Speech recognition do not work well with noise. This article explores tests a noisy speech corpus against Google's recognizer.
After many decades of development, speech recognition can now be considered pretty much to be a solved problem. But there are some common situations where it does not work very well. Speech recognition does not work very well in noisy environments. Unfortunately mobile phones, where speech recognition is a convenient way to enter information, are often used in such conditions.
An MIT thesis from 2009 (by Tara Sainath) states that speech recognition has signficant problems with noise. Noise is generally described as signal to noise ration in terms of decibels. Sainath states that speech recognizers (at that time) typically had a 40% error rate on speech with 16 dB of noise. Meanwhile humans can recognize even 0dB speech with only 1% error rate. Thus in terms of handling noise, speech recognition has a long way to go to catch up with human recognition.

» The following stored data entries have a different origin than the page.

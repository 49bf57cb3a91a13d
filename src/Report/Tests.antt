-- ===== src/Report/Tests.antt =====
-- The lines of tests with a fixed time.
use concurrent_http_proxy_se.Base.{◌≡◌, refl, arith, some, none, [], ◌∷◌, ◌++◌}
use concurrent_http_proxy_se.Bytes.{codes}
use concurrent_http_proxy_se.Config.{Config}
use concurrent_http_proxy_se.Logger.{debug, warn, level_to_string, name_in}
use concurrent_http_proxy_se.Metrics.{Counters}
use concurrent_http_proxy_se.Report.{log_line, log, log_summary, config_log}
use concurrent_http_proxy_se.Report.Lines.{log_determines}

-- A level with a short name.
short_name :
    log debug none warn (codes "request exceeded buffer limit")
    ≡ codes "[unknown-time] WARN  request exceeded buffer limit" ++ (10 ∷ [])
unfolding log log_line level_to_string name_in
short_name = refl

log_determines_example :
    ((a b : Counters)
      → log_summary debug (some (codes "2025-01-31 10:00:00")) (some a)
        ≡ log_summary debug (some (codes "2025-01-31 10:00:00")) (some b)
      → a ≡ b)
    × ((c d : Config)
        → config_log debug (some (codes "2025-01-31 10:00:00")) c
          ≡ config_log debug (some (codes "2025-01-31 10:00:00")) d
        → c ≡ d)
log_determines_example = log_determines debug (some (codes "2025-01-31 10:00:00")) (omega arith)
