-- ===== src/Responses.antt =====
-- src/error_response.c: the short responses that the proxy sends on its own account.
pub mod Size
use concurrent_http_proxy_se.Base.{
  ℕ, ◌+◌, ◌<◌, ltb, length, if◌then◌else◌, Option, none, some, List, [], ◌∷◌, ◌++◌, Status, done,
  failed,
}
use concurrent_http_proxy_se.Bytes.{Bytes, codes}
use concurrent_http_proxy_se.Decimal.{decimal}
use concurrent_http_proxy_se.Sockets.{Os, Trace, write_all}

-- What `snprintf` prints.
unfoldable pub response_text : ℕ → Bytes → Bytes → Bytes
response_text status_code reason body =
    codes "HTTP/1.1 "
    ++ (decimal status_code
        ++ (32
            ∷ (reason
                ++ (13
                    ∷ 10
                    ∷ (codes "Content-Type: text/plain; charset=utf-8"
                        ++ (13
                            ∷ 10
                            ∷ (codes "Content-Length: "
                                ++ (decimal (length body)
                                    ++ (13
                                        ∷ 10
                                        ∷ (codes "Connection: close"
                                            ++ (13 ∷ 10 ∷ 13 ∷ 10 ∷ body)))))))))))

-- `error_response_send` with a reason and a body that are not NULL.
unfoldable pub error_response_send : Os → Trace → ℕ → ℕ → Bytes → Bytes → Status × Trace
error_response_send os t client status_code reason body =
    if ltb (length (response_text status_code reason body)) 512
    then write_all os t client (response_text status_code reason body)
    else (failed, t)
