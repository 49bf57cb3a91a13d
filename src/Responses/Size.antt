-- ===== src/Responses/Size.antt =====
-- How long the responses of src/error_response.c are.
use concurrent_http_proxy_se.Base.{
  ℕ, ◌+◌, ◌≤◌, ◌<◌, ◌≡◌, refl, arith, lt→ltb, length, length-append, ◌∷◌, ◌++◌,
}
use concurrent_http_proxy_se.Bytes.{Bytes, codes}
use concurrent_http_proxy_se.Decimal.{decimal, length-decimal}
use concurrent_http_proxy_se.Responses.{response_text, error_response_send}
use concurrent_http_proxy_se.Sockets.{Os, Trace, write_all}

length-response_text :
    (code : ℕ) (reason body : Bytes)
    → code < 1000
    → length reason + length body ≤ 400
    → length (response_text code reason body) < 512
unfolding response_text
length-response_text code reason body three short = omega (
  arith,
  length-decimal 2 code three,
  length-decimal 2 (length body) (omega (arith, short)),
  length-append (decimal code) (32 ∷ (reason ++ tail)),
  length-append reason tail,
  length-append (decimal (length body))
      (13 ∷ 10 ∷ (codes "Connection: close" ++ (13 ∷ 10 ∷ 13 ∷ 10 ∷ body))),
)
  where
    tail : Bytes
    tail =
        13
        ∷ 10
        ∷ (codes "Content-Type: text/plain; charset=utf-8"
            ++ (13
                ∷ 10
                ∷ (codes "Content-Length: "
                    ++ (decimal (length body)
                        ++ (13 ∷ 10 ∷ (codes "Connection: close" ++ (13 ∷ 10 ∷ 13 ∷ 10 ∷ body)))))))

-- A response with a status code of three digits at most, and with a reason and a body that have
-- together no more than 400 bytes, fits the buffer of error_response_send: it is written as a whole.
pub error_response_send_fits :
    (os : Os) (t : Trace) (client code : ℕ) (reason body : Bytes)
    → code < 1000
    → length reason + length body ≤ 400
    → error_response_send os t client code reason body
      ≡ write_all os t client (response_text code reason body)
unfolding error_response_send
error_response_send_fits os t client code reason body three short =
    rw
      (lt→ltb (length (response_text code reason body)) 512
        (length-response_text code reason body three short))
      refl
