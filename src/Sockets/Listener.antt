-- ===== src/Sockets/Listener.antt =====
-- The listening side of src/socket_utils.c: the listener, waiting for clients, and accepting them.
-- What the system answers to these calls is a parameter, as in `Os`.
use concurrent_http_proxy_se.Base.{
  ℕ, zero, suc, ◌-◌, ◌%◌, ◌^◌, ◌≡◌, refl, ap, ◌∙◌, arith, mem, take, if◌then◌else◌, Bool, true,
  false, Option, none, some, ◌∷◌, ℤ, pos, negsuc, Status, done, failed,
}
use concurrent_http_proxy_se.Bytes.{Bytes, codes}
use concurrent_http_proxy_se.Decimal.{decimal}
use concurrent_http_proxy_se.Sockets.{
  opened, accepted, refused, no_socket, Trace, Os, close, answered, set_option,
}
use concurrent_http_proxy_se.Sockets.Connect.{Connected, Opens, Silent}
use concurrent_http_proxy_se.Sockets.Open.{IsOpen, open_sockets, remove, mem-head, remove-head}

-- The address of a client: whether it is of AF_INET, its port, and what `inet_ntoa` prints.
pub record Address : Type 0 where
  pub is_inet : Bool
  pub port : ℕ
  pub address_text : Option Bytes

-- `bind` with a port, `listen` with a backlog, `select` with a timeout, its number of ready sockets
-- and whether this one is set, and `accept`.
pub record Net : Type 0 where
  pub bind : Trace → ℕ → ℕ → Bool
  pub listen : Trace → ℕ → ℕ → Bool
  pub select : Trace → ℕ → ℕ → ℤ × Bool
  pub accept : Trace → ℕ → Option (ℕ × Address)

-- The socket that the calls prepare, by the last of them: it is closed when one fails.
abbrev pub checked : ℕ → Status × Trace → (Trace → Option ℕ × Trace) → Option ℕ × Trace
checked s (failed, t) rest = (none, close t s)
checked s (done, t) rest = rest t

abbrev pub listening : Net → ℕ → ℕ → Trace → Option ℕ × Trace
listening net s backlog t = checked s (answered t s (net.listen t s backlog)) λ u. (some s, u)

abbrev pub bound : Net → ℕ → ℕ → ℕ → Trace → Option ℕ × Trace
bound net s port backlog t =
    checked s (answered t s (net.bind t s (port % 2 ^ 16))) (listening net s backlog)

abbrev pub prepared : Os → Net → ℕ → ℕ → Trace → Option ℕ → Option ℕ × Trace
prepared os net port backlog t none = (none, no_socket ∷ t)
prepared os net port backlog t (some s) =
    checked s (set_option os (opened s ∷ t) s) (bound net s port backlog)

-- `socket_utils_create_listener`; the cast of the port to `unsigned short` is the remainder.
unfoldable pub create_listener : Os → Net → Trace → ℕ → ℕ → Option ℕ × Trace
create_listener os net t port backlog = prepared os net port backlog t (os.socket t)

abbrev pub readiness : Trace → ℕ → ℤ × Bool → ℤ × Trace
readiness t s (negsuc n, is_set) = (negsuc n, refused s ∷ t)
readiness t s (pos zero, is_set) = (pos zero, accepted s ∷ t)
readiness t s (pos (suc n), true) = (pos 1, accepted s ∷ t)
readiness t s (pos (suc n), false) = (pos 0, accepted s ∷ t)

-- `socket_utils_wait_for_readable`: negative for an error, 0 when the time is over, 1 when there is
-- something to read.
unfoldable pub wait_for_readable : Net → Trace → ℕ → ℕ → ℤ × Trace
wait_for_readable net t s timeout_ms = readiness t s (net.select t s timeout_ms)

-- `snprintf` into a buffer of this size, as a C string.
abbrev pub printed : ℕ → Bytes → Bytes
printed size text = take (size - 1) text

abbrev pub host_text : Address → Bytes
host_text a =
    if a.is_inet
    then elim a.address_text [ none ↦ codes "unknown" | some text ↦ text ]
    else codes "unknown"

-- `populate_client_identity` with buffers that are not NULL: the host and the service.
unfoldable pub populate_client_identity : Address → ℕ → ℕ → Bytes × Bytes
populate_client_identity a client_host_size client_service_size = (
  printed client_host_size (host_text a),
  printed client_service_size (decimal (if a.is_inet then a.port else 0)),
)

-- `socket_utils_accept`: the client, its host and its service.
abbrev pub client_of : Trace → ℕ → ℕ → ℕ → Option (ℕ × Address) → Option (ℕ × Bytes × Bytes) × Trace
client_of t listener host_size service_size none = (none, refused listener ∷ t)
client_of t listener host_size service_size (some (client, address)) =
    let (host, service) = populate_client_identity address host_size service_size in
    (some (client, host, service), opened client ∷ t)

unfoldable pub accept : Net → Trace → ℕ → ℕ → ℕ → Option (ℕ × Bytes × Bytes) × Trace
accept net t listener host_size service_size =
    client_of t listener host_size service_size (net.accept t listener)

-- A socket in preparation.
abbrev IsPrepared : Os → ℕ → Trace → Trace → Type 0
IsPrepared os s t u = Opens os s t u × Silent t u

module _ (os : Os) (s : ℕ) (t : Trace) where
  is_open : (u : Trace) → IsPrepared os s t u → IsOpen s u
  is_open u (o, q) = ap (mem s) o.added ∙ mem-head s (open_sockets t)

  checked-Connected :
      (u : Trace) (b : Bool) (rest : Trace → Option ℕ × Trace)
      → IsPrepared os s t u
      → ((v : Trace) → IsPrepared os s t v → Connected os t (rest v))
      → Connected os t (checked s (answered u s b) rest)
  checked-Connected u true rest (o, q) goes_on = goes_on (accepted s ∷ u) (
    record {
      added = o.added;
      proper = λ p. (is_open u (o, q), o.proper p);
      new = o.new;
      nothing_yet = o.nothing_yet;
    },
    record { same_output = q.same_output; same_input = q.same_input },
  )
  checked-Connected u false rest (o, q) goes_on = (
    record {
      same_open = ap (remove s) o.added ∙ remove-head s (open_sockets t);
      proper = λ p. (is_open u (o, q), (is_open u (o, q), o.proper p));
    },
    record { same_output = q.same_output; same_input = q.same_input },
  )

module _ (os : Os) (net : Net) (port backlog : ℕ) (t : Trace) where
  prepared-Connected :
      (o : Option ℕ) → os.socket t ≡ o → Connected os t (prepared os net port backlog t o)
  prepared-Connected none e = (
    record { same_open = refl; proper = λ p. p },
    record { same_output = λ q. refl; same_input = λ q. refl },
  )
  prepared-Connected (some s) e =
      checked-Connected os s t (opened s ∷ t) (os.set_option (opened s ∷ t) s)
        (bound net s port backlog) begins
        λ u optioned.
          checked-Connected os s t u (net.bind u s (port % 2 ^ 16)) (listening net s backlog)
            optioned
            λ v named.
              checked-Connected os s t v (net.listen v s backlog) (λ w. (some s, w)) named
                λ w ready. ready
    where
      begins : IsPrepared os s t (opened s ∷ t)
      begins = (
        record { added = refl; proper = λ p. p; new = λ n. n t s e; nothing_yet = ground arith },
        record { same_output = λ q. refl; same_input = λ q. refl },
      )

  -- socket_utils_create_listener leaves open the socket that it returns and no other: when an option,
  -- bind or listen fails, the socket is closed again. It uses and closes no socket but the one it
  -- opened, and sends and receives nothing.
  pub create_listener-Connected : Connected os t (create_listener os net t port backlog)
  unfolding create_listener
  create_listener-Connected = prepared-Connected (os.socket t) refl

I have tried to classify noise in a paper on the Semisupervised classification of audio noise in 2010. The idea there was to train a speech recognizer on different types of noise. Then we could utilize the right type of speech recognizer if we can determine the type of noise. That approach did not go too far, since I was not able to classify all the noises accurately.
This article is about a simpler attempt. Even if a speech recognizer does not recognize everything, it may be still possible to reconstruct the intended input. We have tried this approach on correcting errors from the Google recognizer. I wanted to find out what happens if we tried to recover the intended input from whatever the Google recognizer manages to output. In another article Improving the Google speech recognizer we had described the procedure for recovering from some errors. I will apply the same technique here to some noisy speech samples.
As in the earlier paper I used the Noizeus corpus from the University of Texas at Dallas. The data is described in the paper: Hu, Y. and Loizou, P. (2007). “Subjective evaluation and comparison of speech enhancement algorithms,” Speech Communication, 49, 588-601. Please cite this reference if you publish anything using this corpus.
The data can be downloaded form the above link. It consists of thirty recordings in various forms. There is a clean version with no noise. The noisy samples are provided with eight types of noise and signal to noise ratios of 0dB, 5dB, 10dB and 15dB (the 0dB is the most noisy. The 15dB samples are the least noisy and provide the best speech recognition results. Thus altogether there are 990 wav files in the collection.
To use the sample program, download the sample code. This includes a directory called data. If you download the audio files as above, then place them in the appropriate directory in data/audio. To show where files should go, I have put one audio file, sp01.wav, in data/audio/clean.
This requires version 0.7 of the Jaivox library. You can download it here.
I tested whether the Google recognizer can recognize noisy speech by passing the sound files through the recognizer (as we had done earlier with a larger set of sentences.)
The code consists of two functions process.java and noisedata.java. The latter file creates recognition results for each audio file. Results for all audio files with the same noise type and noise level are placed into the same text file in data/asr. For example data/asr/restaurant_15.txt contains the results of processing each of the thirty noisy recordings containing restaurant noise.
Since it takes a long time to run each of the recordings through the Google recognizer, I have collected all of the results I obtained in appropriate files. I have not processed 0dB examples since even 5dB is mostly not recognized at all.
The table below shows the recognition errors for each type of data and each noise level. We first note the number of samples containing any error at all. Since many errors can be corrected with our phonetic matching method, the last column shows the number of errors after the errors are corrected in this way.
Without correction the results are pretty dismal. There are 30 sentences. For example with 15dB of airport noise 9/10 of them had at least one error. This is far worse than the 40% error expected.
We can correct some of the errors using a phonetic matching, knowing that each of the recordings are one of a known set of 30 sentences. With this correction, we get 6/30 errors, i.e. 1/5 or 20%. This is better than the expected 40%, but note that we are using some extra information about the recordings.
The full table is shown below.
The table shows that noisy speech is hard to recognize. With 5dB noise almost everything is incorrect, even after the above correction attempt. We can recover about 1/3 of the errors in the case of 10dB noise.